Edsel came out with four models: the Ranger, the Pacer, the Corsair, and the Citation. The first two rode on a 118-inch wheelbase shared with the Ford Fairlane. The latter two relied on a 124-inch platform shared with mid-tier Mercurys (wagons used Ford’s 116-inch unit). Herein lies one of the Edsel’s biggest tragedies: despite all the market research that Ford put into it, the marketing hype spelled Edsel’s doom.

True, the best research couldn’t foresee the extent of the 1958 recession. However, Ford priced the four Edsel series overlapping the Ford Fairlane 500 and three of the four Mercury models, and this strategy proved to be pure cannibalization.

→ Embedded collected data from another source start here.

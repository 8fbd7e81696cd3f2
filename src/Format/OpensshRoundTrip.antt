-- ===== src/Format/OpensshRoundTrip.antt =====
-- Key pairs that are written in the OpenSSH format and read again by `from_keystr`.
use rust_osshkeys.Prelude.{
  ◌++◌, ◌≡◌, ◌≢◌, ◌∙◌, ◌+◌, ◌<◌, ◌==◌, ◌&&◌, ◌%◌, ltb, inl, inr, Bool-cases, ℕ, refl, ap, arith,
  All, Bytes, [], ◌∷◌, true, false, Option, none, some, ok,
}
use rust_osshkeys.External.Pems.{no_empty_line}
use rust_osshkeys.External.PemLib.{PemLib}
use rust_osshkeys.Cipher.Table.{Cipher, null}
use rust_osshkeys.Keys.Container.{KeyPair}
use rust_osshkeys.Format.Privkey.Encode.{encode_ossh_priv}
use rust_osshkeys.Format.Privkey.Decode.{decode_ossh_priv}
use rust_osshkeys.Format.Privkey.Armor.{
  begin_line, end_line, wrap_from, serialize_ossh_privkey, without_feeds-wrap_from,
}
use rust_osshkeys.Format.Privkey.FileParts.{IsWritableFile}
use rust_osshkeys.Format.Privkey.File.{decode-encode_ossh_priv}
use rust_osshkeys.Format.Privkey.NoCipher.{decode-encode_null}
use rust_osshkeys.Format.Keystr.{parse_keystr, serialize_openssh}

-- Wrapping makes no empty line, after the first character or in a text that is not empty.
no_empty_line-wrap_from :
    (i : ℕ) (b : Bytes)
    → All (λ c. (32 < c) × (c < 127)) b
    → 0 < i
    → no_empty_line false (wrap_from i b) ≡ true
unfolding no_empty_line wrap_from
no_empty_line-wrap_from i [] h pos = refl
no_empty_line-wrap_from i (c ∷ cs) (hc, h) pos =
    let no : (c == 10) ≡ false = ground arith in
    let rest = no_empty_line-wrap_from (i + 1) cs h (omega arith) in
    elim (Bool-cases (ltb 0 i && i % 70 == 0)) [ inl y ↦ rw (y, no) rest | inr n ↦ rw (n, no) rest ]

no_empty_line-wrap :
    (b : Bytes)
    → All (λ c. (32 < c) × (c < 127)) b
    → b ≢ []
    → no_empty_line true (wrap_from 0 b) ≡ true
unfolding no_empty_line wrap_from
no_empty_line-wrap [] h ne = absurd (ne refl)
no_empty_line-wrap (c ∷ cs) (hc, h) ne =
    let no : (c == 10) ≡ false = ground arith in
    rw no (no_empty_line-wrap_from 1 cs h (omega arith))

module _ (lib : PemLib) where
  -- No key is read from an empty file.
  file-ne-nil :
      (file : Bytes) (pass : Option Bytes) (key : KeyPair lib.ossh.keys)
      → decode_ossh_priv lib.ossh file pass ≡ ok key
      → file ≢ []
  unfolding decode_ossh_priv
  file-ne-nil [] pass key h e = cc
  file-ne-nil (b ∷ file) pass key h e = cc

  serialize-parse :
      (key : KeyPair lib.ossh.keys) (c : Cipher) (pass salt : Bytes) (checksum : ℕ)
      (other : Option Bytes) (file : Bytes)
      → encode_ossh_priv lib.ossh key pass c 0 salt checksum ≡ ok file
      → decode_ossh_priv lib.ossh file other ≡ ok key
      → (t : Bytes) × (serialize_ossh_privkey lib.ossh lib.b64 key pass c 0 salt checksum ≡ ok t)
        × (parse_keystr lib t other ≡ ok key)
  unfolding serialize_ossh_privkey parse_keystr
  serialize-parse key c pass salt checksum other file made read =
      let printable = lib.b64.encode_printable file in
      let lines =
        no_empty_line-wrap (lib.b64.encode file) printable
          (lib.b64.encode-ne-nil file (file-ne-nil file other key read)) in
      let decoded =
        ap lib.b64.decode (without_feeds-wrap_from 0 (lib.b64.encode file) printable)
        ∙ lib.b64.decode-encode file in
      let (block, parsed, tagged, contents) =
        lib.pems.openssh_text (wrap_from 0 (lib.b64.encode file)) file lines decoded in
      let t = begin_line ++ (wrap_from 0 (lib.b64.encode file) ++ end_line) in
      (t, rw made refl, rw (parsed, tagged, contents) read)

  -- The passphrase and the cipher that `serialize_openssh` uses.
  abbrev used_pass : Option Bytes → Bytes
  used_pass none = []
  used_pass (some pass) = pass

  abbrev used_cipher : Option Bytes → Cipher → Cipher
  used_cipher none c = null
  used_cipher (some _) c = c

  -- `serialize_openssh` writes a text, and `from_keystr` reads the key pair with its comment from it,
  -- with the same passphrase, or with none if there was none. This is for a key and arguments that
  -- make a readable file.
  pub parse_keystr-serialize_openssh :
      (key : KeyPair lib.ossh.keys) (pass : Option Bytes) (c : Cipher) (salt : Bytes) (checksum : ℕ)
      → IsWritableFile lib.ossh key (used_cipher pass c) (used_pass pass) salt 0 checksum
      → (t : Bytes) × (serialize_openssh lib key pass c salt checksum ≡ ok t)
        × (parse_keystr lib t pass ≡ ok key)
  unfolding serialize_openssh
  parse_keystr-serialize_openssh key none c salt checksum h =
      let (file, made, read) = decode-encode_null lib.ossh key [] salt 0 checksum none h in
      serialize-parse key null [] salt checksum none file made read
  parse_keystr-serialize_openssh key (some pass) c salt checksum h =
      let (file, made, read) = decode-encode_ossh_priv lib.ossh key c pass salt 0 checksum h in
      serialize-parse key c pass salt checksum (some pass) file made read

Edsel cut down its model range to the Ranger (now available with a six-cylinder) and the Corsair for 1959. Both Edsels used a 120-inch wheelbase (wagons an 118-inch). The Mercury-based segment of the series was discontinued. Ford also trimmed the gimmickry of the 1958 models, and the Edsel basically became a Ford with different styling. The “horse collar” grille carried on, but headlights floating in the flanking grille extensions gave it a more contemporary look. The unique “MEL” engine, standard on high-line Edsels in 1958, was no longer available.

For 1960, the Edsel series was reduced to the Ranger series. The design closely followed Ford’s, with the vertical grille relegated to the rubbish bin. Sometime in November 1959, Ford opted to pull the plug on Edsel. So it goes.


Desoto Sedan Front And Back
Flickr/Alden Jewell

It’s somewhat amazing that DeSoto died not long after Virgil Exner’s “Forward Look” debuted in 1957, displaying styling that many consider the highlight of Chrysler design. However, history was not on DeSoto’s side.

The similar 1958 model fixed many of the quality issues that plagued the 1957s. Styling changes were subtle, with the most noticeable being redesigned side trim and standard quad headlights, with a tweaked front bumper and fluted rear bumper also being noteworthy. Models were the same as before, with the Dodge-based Firesweep at the bottom and the Firedome, Fireflite, and Adventurer stacked on top. Wedges were the new name of the game, with the Hemi disappearing from the spec sheet as all but the Firesweep utilized a new 361 (the Firesweep never had a Hemi, and for 1958 it made do with a 350 that was shared with some Plymouths and Dodges). Electronic fuel injection with 355 horsepower was an option for the Adventurer, but only a handful were built before it all came crashing down.

1958 DeSoto Firesweep Front Three-Quarter

When 1958 sales were tallied, DeSoto production had plunged by almost 70 percent to 49,445. DeSoto never recovered. For 1960, the new Unibody DeSoto had been reduced to two models, the Fireflite and the Adventurer, and the latter was no longer a special performance model, even although a cross-ram 383 was available. Production was a hair over 26,000, which fell to 3034 when the Chrysler Corporation discontinued the marque in November, 1960.

DeSoto’s demise, of course, was due to completely different reasons than Edsel’s. Certainly Chrysler Corporation’s dealer structure can be partly blamed; DeSoto-Plymouth dealerships competed with other co-branded dealerships within the Chrysler Corporation. Another DeSoto problem was that the Chrysler Windsor was priced in DeSoto territory, pillaging sales by offering a more prestigious nameplate for the same money. Lastly, DeSoto consistently sold fewer vehicles than big-brother Chrysler. When the ’58 recession hit, fragile DeSoto stood little chance.